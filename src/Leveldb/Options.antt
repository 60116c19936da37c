-- ===== src/Leveldb/Options.antt =====
-- GetOptions of leveldb/leveldb_db.cc: the options that the properties set. An option that is not
-- set keeps LevelDB's default.
use my_ycsb_cpp.Prelude.{ℕ, zero, suc, Option, none, some, if◌then◌else◌}
use my_ycsb_cpp.Prelude.Int.{ℤ, pos, ltb_ℤ}
use my_ycsb_cpp.Prelude.Bytes.{lit, bytes_eq}
use my_ycsb_cpp.Prelude.Result.{Result, ok, ◌>>=◌}
use my_ycsb_cpp.Utils.Text.Numbers.{stoi, stol}
use my_ycsb_cpp.Utils.Properties.{Properties, get_property}
use my_ycsb_cpp.Workload.Builders.{u64_of_int}

pub data Compression : Type 0 where
  k_snappy_compression k_no_compression : Compression

pub record Options : Type 0 where
  pub write_buffer_size : Option ℕ
  pub max_file_size : Option ℕ
  pub block_cache : Option ℕ  -- the capacity of the LRU cache
  pub max_open_files : Option ℤ
  pub compression : Compression
  pub filter_policy : Option ℤ  -- the bits of the Bloom filter
  pub block_size : Option ℤ
  pub block_restart_interval : Option ℤ

-- `size_t x = std::stol(...); if (x > 0) ...`, where a negative number becomes a large one
abbrev pub size_option : ℤ → Option ℕ
size_option n = elim (u64_of_int n) [ zero ↦ none | suc m ↦ some (suc m) ]

-- `int x = std::stoi(...); if (x > 0) ...`
abbrev pub int_option : ℤ → Option ℤ
int_option n = if ltb_ℤ (pos 0) n then some n else none

unfoldable pub get_options : Properties → Result Options
unfolding get_property stoi stol bytes_eq
get_options props = do
  write_buffer_size ← stol (get_property props (lit "leveldb.write_buffer_size") (lit "0"))
  max_file_size ← stol (get_property props (lit "leveldb.max_file_size") (lit "0"))
  cache_size ← stol (get_property props (lit "leveldb.cache_size") (lit "0"))
  max_open_files ← stoi (get_property props (lit "leveldb.max_open_files") (lit "0"))
  let compression = get_property props (lit "leveldb.compression") (lit "no")
  filter_bits ← stoi (get_property props (lit "leveldb.filter_bits") (lit "0"))
  block_size ← stoi (get_property props (lit "leveldb.block_size") (lit "0"))
  restart ← stoi (get_property props (lit "leveldb.block_restart_interval") (lit "0"))
  ok (record {
    write_buffer_size = size_option write_buffer_size;
    max_file_size = size_option max_file_size;
    block_cache = size_option cache_size;
    max_open_files = int_option max_open_files;
    compression =
        if bytes_eq compression (lit "snappy") then k_snappy_compression else k_no_compression;
    filter_policy = int_option filter_bits;
    block_size = int_option block_size;
    block_restart_interval = int_option restart;
  })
########################################
Return the lines of the listing where the string "then" appears.

use my_ycsb_cpp.Prelude.{ℕ, zero, suc, Option, none, some, if◌then◌else◌}
int_option n = if ltb_ℤ (pos 0) n then some n else none
        if bytes_eq compression (lit "snappy") then k_snappy_compression else k_no_compression;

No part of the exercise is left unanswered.